# Excel 2010 .xlsx files won't open



## Elf51 (May 14, 2012)

I bought a new laptop (uses Windows 7) and a copy of the MS Office 2010 - Home and Student version. I've brought some Excel spreadsheets home from work - I use 2010 there too - and they have an .xslx label. I cannot open these in my home Excel. Is there something simple I can do (I am a fairly simple soul when it comes to these things!) to be able to open these files? I keep getting the error message which tells me the file format or file extension is not valid.

Grateful for any suggestions!

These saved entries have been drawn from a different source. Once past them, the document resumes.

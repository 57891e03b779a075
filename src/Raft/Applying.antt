-- ===== src/Raft/Applying.antt =====
-- trading/src/consensus/raft.rs, `apply_committed_entries`: what the loop leaves alone, that it
-- ends by its test, and what it does to the state machine.
use mathlib.Core.Path.{subst}
use actix_pura.Prelude.{
  some, some_same, true, false, Bool-cases, Option-cases, inl, inr, ltb, ℕ, zero, suc, ◌+◌, ◌-◌,
  ◌≤◌, ◌<◌, ◌≡◌, refl, ap, ◌∙◌, List, arith, u64_mod, add64,
}
use actix_pura.Raft.Types.{LogEntry, RaftNode, StateMachine}
use actix_pura.Raft.Log.{entry_at}
use actix_pura.Raft.Leader.{run_entry, apply_next, apply_loop, apply_committed_entries}

-- What application does not touch.
pub record Untouched {C S : Type 0} (n k : RaftNode C S) : Type 0 where
  pub current_term : k.current_term ≡ n.current_term
  pub voted_for : k.voted_for ≡ n.voted_for
  pub log : k.log ≡ n.log
  pub state : k.state ≡ n.state
  pub match_index : k.match_index ≡ n.match_index
  pub cluster_nodes : k.cluster_nodes ≡ n.cluster_nodes

-- The state machine after the entries at `i + 1`, …, `i + k`, in that order.
unfoldable pub run_range : {C S : Type 0} → StateMachine C S → List (LogEntry C) → ℕ → ℕ → S → S
run_range m l zero i s = s
run_range m l (suc k) i s = run_range m l k (i + 1) (run_entry m (entry_at (i + 1) l) s)

module _ {C S : Type 0} (m : StateMachine C S) where
  loop-Untouched :
      (k : ℕ) (n r : RaftNode C S)
      → apply_loop m k n ≡ some r
      → Untouched n r × (r.commit_index ≡ n.commit_index)
  unfolding apply_loop apply_next
  loop-Untouched zero n r e = cc
  loop-Untouched (suc k) n r e = elim (Bool-cases (ltb n.last_applied n.commit_index)) [
    | inl more ↦
        let (u, c) = loop-Untouched k (apply_next m n) r (rw (more, apply_loop) at e) in
        (
          record {
            current_term = u.current_term;
            voted_for = u.voted_for;
            log = u.log;
            state = u.state;
            match_index = u.match_index;
            cluster_nodes = u.cluster_nodes;
          },
          c,
        )
    | inr over ↦
        let same : n ≡ r = some_same (rw (over, apply_loop) at e) in
        subst (λ x. Untouched n x × (x.commit_index ≡ n.commit_index)) same (ground arith, refl)
  ]

  apply_keeps :
      (n : RaftNode C S)
      → Untouched n (apply_committed_entries m n)
        × ((apply_committed_entries m n).commit_index ≡ n.commit_index)
  unfolding apply_committed_entries
  apply_keeps n = elim (Option-cases (apply_loop m (suc (n.commit_index - n.last_applied)) n)) [
    | inl out ↦ rw out (ground arith, refl)
    | inr (r, e) ↦ rw e (loop-Untouched (suc (n.commit_index - n.last_applied)) n r e)
  ]

  pub apply-Untouched : (n : RaftNode C S) → Untouched n (apply_committed_entries m n)
  apply-Untouched n = (apply_keeps n).0

  pub apply_commit :
      (n : RaftNode C S) → (apply_committed_entries m n).commit_index ≡ n.commit_index
  apply_commit n = (apply_keeps n).1

  -- The node when the indexes after `last_applied` up to `commit_index`, `d` of them, are applied.
  abbrev applied : ℕ → RaftNode C S → RaftNode C S
  applied d n = record n {
    last_applied = n.commit_index;
    state_machine = run_range m n.log d n.last_applied n.state_machine;
  }

  apply_loop_lem :
      (k d : ℕ) (n : RaftNode C S)
      → d < k
      → n.last_applied + d ≡ n.commit_index
      → n.commit_index < u64_mod
      → apply_loop m k n ≡ some (applied d n)
  unfolding apply_loop apply_next run_range
  apply_loop_lem zero d n h e b = absurd (omega arith)
  apply_loop_lem (suc k) zero n h e b =
      let reached : n.last_applied ≡ n.commit_index = omega arith in
      let over : ltb n.last_applied n.commit_index ≡ false = ground arith in
      rw (over, apply_loop) (ap (λ j. some (record n { last_applied = j })) reached)
  apply_loop_lem (suc k) (suc d) n h e b =
      let i : add64 n.last_applied 1 ≡ n.last_applied + 1 = omega arith in
      let more : ltb n.last_applied n.commit_index ≡ true = ground arith in
      rw (more, apply_loop)
        (apply_loop_lem k d (apply_next m n) (omega (arith, h)) (omega (arith, i, e)) b
          ∙ ap
              (λ j. some (record n {
                last_applied = n.commit_index;
                state_machine =
                    run_range m n.log d j (run_entry m (entry_at j n.log) n.state_machine);
              }))
              i)

  -- With a commit index below 2^64 that has been reached or is ahead, the loop ends by its test in
  -- any number of rounds that is more than the indexes to apply: `last_applied` is the commit index
  -- then, and the state machine has run the entries that the log has at the indexes after the old
  -- `last_applied` up to the commit index, in that order and each once. An index at which the log
  -- has no entry is passed over.
  pub apply_committed_entries_lem :
      (k : ℕ) (n : RaftNode C S)
      → n.last_applied ≤ n.commit_index
      → n.commit_index < u64_mod
      → n.commit_index - n.last_applied < k
      → (apply_loop m k n ≡ some (apply_committed_entries m n))
        × ((apply_committed_entries m n).last_applied ≡ n.commit_index)
        × ((apply_committed_entries m n).state_machine
            ≡ run_range m n.log (n.commit_index - n.last_applied) n.last_applied n.state_machine)
  unfolding apply_committed_entries
  apply_committed_entries_lem k n h b room =
      let d = n.commit_index - n.last_applied in
      let ends = apply_loop_lem (suc d) d n (omega arith) (omega arith) b in
      rw ends (apply_loop_lem k d n room (omega arith) b, refl, refl)

  pub apply_committed_machine :
      (n : RaftNode C S)
      → n.last_applied ≤ n.commit_index
      → n.commit_index < u64_mod
      → (apply_committed_entries m n).state_machine
        ≡ run_range m n.log (n.commit_index - n.last_applied) n.last_applied n.state_machine
  apply_committed_machine n h b =
      (apply_committed_entries_lem (suc (n.commit_index - n.last_applied)) n h b (omega arith)).2
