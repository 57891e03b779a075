-- ===== src/Raft/Rpc.antt =====
-- trading/src/consensus/raft.rs: the handlers of requests from other nodes.
use actix_pura.Prelude.{
  ℕ, String, Bool, true, false, Option, none, some, List, ◌&&◌, ◌||◌, ltb, leb, ◌==◌, if◌then◌else◌,
  min, String-discrete, ite,
}
use actix_pura.Raft.Types.{
  RaftNodeState, LogEntry, RaftRequest, RaftResponse, RaftNode, request_vote, append_entries,
  install_snapshot, vote_response, append_response, snapshot_response,
}
use actix_pura.Raft.Log.{last_index, last_term, log_consistent, merge_entries}

-- `voted_for.is_some() && voted_for.as_ref() != Some(&candidate_id)`
abbrev pub voted_for_other : String → Option String → Bool
voted_for_other candidate none = false
voted_for_other candidate (some c) = ite (String-discrete c candidate) false true

-- `log_is_up_to_date`
abbrev pub log_is_up_to_date : {C : Type 0} → ℕ → ℕ → List (LogEntry C) → Bool
log_is_up_to_date index term l =
    ltb (last_term l) term || (term == last_term l && leb (last_index l) index)

module _ {C S : Type 0} where
  -- A larger term makes the node a follower of that term.
  unfoldable pub step_down : ℕ → RaftNode C S → RaftNode C S
  step_down term n =
      if ltb n.current_term term
      then record n { current_term = term; state = RaftNodeState.follower; voted_for = none }
      else n

  -- `leader_commit > commit_index`
  unfoldable pub advance_commit : ℕ → RaftNode C S → RaftNode C S
  advance_commit leader_commit n =
      if ltb n.commit_index leader_commit
      then record n { commit_index = min leader_commit (last_index n.log) }
      else n

  -- The end of `append_entries`, once the logs agree.
  unfoldable pub accept_entries :
      ℕ → List (LogEntry C) → ℕ → RaftNode C S → RaftResponse × RaftNode C S
  accept_entries prev entries leader_commit n =
      let (l, m) = merge_entries prev entries n.log in
      let n' = advance_commit leader_commit (record n { log = l }) in
      (append_response n'.current_term true m, n')

  -- The leader is known and was heard from.
  unfoldable pub heard_from : String → ℕ → RaftNode C S → RaftNode C S
  heard_from leader_id now n = record n { current_leader_id = some leader_id; last_heartbeat = now }

  -- `append_entries`
  unfoldable pub handle_append_entries :
      ℕ → RaftRequest C → RaftNode C S → RaftResponse × RaftNode C S
  handle_append_entries now (append_entries term leader_id prev prev_term entries commit) n =
      let n' = heard_from leader_id now (step_down term n) in
      if ltb term n.current_term
      then (append_response n.current_term false 0, n)
      else if log_consistent prev prev_term n'.log
      then accept_entries prev entries commit n'
      else (append_response n'.current_term false 0, n')
  handle_append_entries now _ n = (append_response n.current_term false 0, n)

  -- `handle_request_vote`
  unfoldable pub handle_request_vote :
      ℕ → RaftRequest C → RaftNode C S → RaftResponse × RaftNode C S
  handle_request_vote now (request_vote term candidate index last) n =
      let n' = step_down term n in
      if ltb term n.current_term
      then (vote_response n.current_term false, n)
      else if voted_for_other candidate n'.voted_for
      then (vote_response n'.current_term false, n')
      else if log_is_up_to_date index last n'.log
      then (
        vote_response n'.current_term true,
        record n' { voted_for = some candidate; last_heartbeat = now },
      )
      else (vote_response n'.current_term false, n')
  handle_request_vote now _ n = (vote_response n.current_term false, n)

  -- `Handler<RaftRequestMessage>::handle`
  unfoldable pub handle_request : ℕ → RaftRequest C → RaftNode C S → RaftResponse × RaftNode C S
  handle_request now (request_vote t c i l) n = handle_request_vote now (request_vote t c i l) n
  handle_request now (append_entries t l i p es c) n =
      handle_append_entries now (append_entries t l i p es c) n
  handle_request now (install_snapshot t l i p d) n = (snapshot_response n.current_term false, n)
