-- ===== src/Raft/Ordered.antt =====
-- trading/src/consensus/raft.rs: a log stays in strictly ascending order of its indices.
use actix_pura.Prelude.{
  ℕ, ◌≤◌, ◌<◌, ◌≡◌, refl, ◌∙◌, false, List, [], ◌∷◌, ◌++◌, arith, ◌||◌, ◌==◌, Bool-cases, inl, inr,
}
use actix_pura.Raft.Types.{LogEntry}
use actix_pura.Raft.Log.{
  last_index, has_index, truncate, push_missing, insert_by_index, sort_by_index, merge_entries,
}

module _ {C : Type 0} where
  -- Every index is above `i`, and each is above the one before it.
  abbrev pub Above : ℕ → List (LogEntry C) → Type 0
  Above i [] = Unit
  Above i (e ∷ l) = (i < e.index) × Above e.index l

  abbrev pub IsAscending : List (LogEntry C) → Type 0
  IsAscending [] = Unit
  IsAscending (e ∷ l) = Above e.index l

  -- No index is used twice.
  abbrev IsDistinct : List (LogEntry C) → Type 0
  IsDistinct [] = Unit
  IsDistinct (e ∷ l) = (has_index e.index l ≡ false) × IsDistinct l

  pub Above-mono : (i j : ℕ) (l : List (LogEntry C)) → j ≤ i → Above i l → Above j l
  Above-mono i j [] h a = tt
  Above-mono i j (e ∷ l) h a = (omega arith, a.1)

  pub Above-IsAscending : (i : ℕ) (l : List (LogEntry C)) → Above i l → IsAscending l
  Above-IsAscending i [] a = tt
  Above-IsAscending i (e ∷ l) a = a.1

  pub has_index-Above :
      (i j : ℕ) (l : List (LogEntry C)) → j ≤ i → Above i l → has_index j l ≡ false
  unfolding has_index
  has_index-Above i j [] h a = refl
  has_index-Above i j (e ∷ l) h a = ground (arith, has_index-Above e.index j l)

  IsAscending-IsDistinct : (l : List (LogEntry C)) → IsAscending l → IsDistinct l
  IsAscending-IsDistinct [] a = tt
  IsAscending-IsDistinct (e ∷ l) a = (
    has_index-Above e.index e.index l (omega arith) a,
    IsAscending-IsDistinct l (Above-IsAscending e.index l a),
  )

  pub truncate-Above : (b i : ℕ) (l : List (LogEntry C)) → Above i l → Above i (truncate b l)
  unfolding truncate
  truncate-Above b i [] a = tt
  truncate-Above b i (e ∷ l) a =
      ground (arith, truncate-Above b e.index l a.1, Above-mono e.index i (truncate b l))

  pub truncate-IsAscending :
      (b : ℕ) (l : List (LogEntry C)) → IsAscending l → IsAscending (truncate b l)
  unfolding truncate
  truncate-IsAscending b [] a = tt
  truncate-IsAscending b (e ∷ l) a =
      ground (arith, truncate-Above b e.index l a, Above-IsAscending e.index (truncate b l))

  has_index-append :
      (i : ℕ) (l : List (LogEntry C)) (e : LogEntry C)
      → has_index i (l ++ e ∷ []) ≡ (has_index i l || e.index == i)
  unfolding has_index
  has_index-append i [] e = ground arith
  has_index-append i (x ∷ l) e = ground (arith, has_index-append i l e)

  IsDistinct-snoc :
      (l : List (LogEntry C)) (e : LogEntry C)
      → has_index e.index l ≡ false
      → IsDistinct l
      → IsDistinct (l ++ e ∷ [])
  unfolding has_index
  IsDistinct-snoc [] e h d = (refl, tt)
  IsDistinct-snoc (x ∷ l) e h d = ground (arith, has_index-append x.index l e, IsDistinct-snoc l e)

  push_missing-IsDistinct :
      (es l : List (LogEntry C)) (m : ℕ) → IsDistinct l → IsDistinct (push_missing es l m).0
  unfolding push_missing
  push_missing-IsDistinct [] l m d = d
  push_missing-IsDistinct (e ∷ es) l m d = elim (Bool-cases (has_index e.index l)) [
    | inl old ↦ rw (old, IsDistinct) (push_missing-IsDistinct es l m d)
    | inr new ↦
        rw (new, IsDistinct)
          (push_missing-IsDistinct es (l ++ e ∷ []) e.index (IsDistinct-snoc l e new d))
  ]

  has_index-insert :
      (i : ℕ) (e : LogEntry C) (l : List (LogEntry C))
      → has_index i (insert_by_index e l) ≡ (e.index == i || has_index i l)
  unfolding has_index insert_by_index
  has_index-insert i e [] = ground arith
  has_index-insert i e (x ∷ l) = ground (arith, has_index-insert i e l)

  has_index-sort : (i : ℕ) (l : List (LogEntry C)) → has_index i (sort_by_index l) ≡ has_index i l
  unfolding has_index sort_by_index
  has_index-sort i [] = refl
  has_index-sort i (e ∷ l) =
      ground (arith, has_index-insert i e (sort_by_index l), has_index-sort i l)

  insert-Above :
      (i : ℕ) (e : LogEntry C) (l : List (LogEntry C))
      → i < e.index
      → has_index e.index l ≡ false
      → Above i l
      → Above i (insert_by_index e l)
  unfolding has_index insert_by_index
  insert-Above i e [] h d a = (h, tt)
  insert-Above i e (x ∷ l) h d a = ground (arith, insert-Above x.index e l)

  insert-IsAscending :
      (e : LogEntry C) (l : List (LogEntry C))
      → has_index e.index l ≡ false
      → IsAscending l
      → IsAscending (insert_by_index e l)
  unfolding has_index insert_by_index
  insert-IsAscending e [] d a = tt
  insert-IsAscending e (x ∷ l) d a = ground (arith, insert-Above x.index e l)

  sort-IsAscending : (l : List (LogEntry C)) → IsDistinct l → IsAscending (sort_by_index l)
  unfolding sort_by_index
  sort-IsAscending [] d = tt
  sort-IsAscending (e ∷ l) d =
      insert-IsAscending e (sort_by_index l) (has_index-sort e.index l ∙ d.0)
        (sort-IsAscending l d.1)

  pub merge-IsAscending :
      (p : ℕ) (es l : List (LogEntry C)) → IsAscending l → IsAscending (merge_entries p es l).0
  unfolding merge_entries
  merge-IsAscending p [] l a = a
  merge-IsAscending p (e ∷ es) l a = sort-IsAscending _ (
      push_missing-IsDistinct (e ∷ es) (truncate p l) p
        (IsAscending-IsDistinct _ (truncate-IsAscending p l a)))

  Above-last :
      (i : ℕ) (e : LogEntry C) (l : List (LogEntry C)) → Above i (e ∷ l) → i < last_index (e ∷ l)
  Above-last i e [] a = a.0
  Above-last i e (x ∷ l) a = omega (arith, Above-last e.index x l a.1)

  -- The entry that a leader appends stands above all others.
  snoc-Above :
      (i : ℕ) (e : LogEntry C) (l : List (LogEntry C))
      → i < e.index
      → Above i l
      → last_index l < e.index
      → Above i (l ++ e ∷ [])
  snoc-Above i e [] h a d = (h, tt)
  snoc-Above i e (x ∷ []) h a d = (a.0, (d, tt))
  snoc-Above i e (x ∷ y ∷ l) h a d =
      let below = Above-last x.index y l a.1 in
      (a.0, snoc-Above x.index e (y ∷ l) (omega arith) a.1 d)

  pub snoc-IsAscending :
      (e : LogEntry C) (l : List (LogEntry C))
      → IsAscending l
      → last_index l < e.index
      → IsAscending (l ++ e ∷ [])
  snoc-IsAscending e [] a d = tt
  snoc-IsAscending e (x ∷ []) a d = (d, tt)
  snoc-IsAscending e (x ∷ y ∷ l) a d =
      let below = Above-last x.index y l a in snoc-Above x.index e (y ∷ l) (omega arith) a d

Thanks


----------



## Dwarflord (Dec 13, 2007)

Hi,
Can you open Excel for me then:

Click FILE> HELP
and tell me the version.

Thanks


----------



## Elf51 (May 14, 2012)

14.0.6112.5000 (32-bit)


----------



## Dwarflord (Dec 13, 2007)

Thanks 

Click > FILE>Open and browse
to one of the files in question
and tell me what happens when you try to open it.

EDIT> show me the exact name of the file and it's extension.

Paste it.


----------



## Elf51 (May 14, 2012)

I just get the error message "Excel cannot open the file ***.xlsx because the file format or file extension is not valid. Verify that the file has not been corrupted and that the file extension matches the format of the file."


----------



## Dwarflord (Dec 13, 2007)

Did you transfer them on a usb drive?
Are there any other Excel files on your computer
that were not brought from this drive.

They sound corrupted.


----------



## Dwarflord (Dec 13, 2007)

Here is a test file .xlsx
see if you can open this.

Microsoft Search Server 2008 SDK Samples - Release: Sampleformslist.xlsx Sample File


----------



## AlbertMC2 (Jul 15, 2010)

Hi

This might be a stupid question but lots of my clients do it:
Are you sure you copied the actual Excel file and not just a shortcut to the file?

If you right click on your Excel file -> Properties -> General tab
What does it say under "Type of File" ?


----------



## Elf51 (May 14, 2012)

It's an Excel worksheet, not the shortcut.


----------



## Elf51 (May 14, 2012)

Yes, I could open that - and yes, the files were put onto a USB drive. Also - yes, I can open other excel files. So it looks like the files are corrupted. I'll evidently have to try another way?

And thank you for all your help!


----------



## Dwarflord (Dec 13, 2007)

If you are happy that we have helped you, you may want to mark the thread as solved

Thank you


----------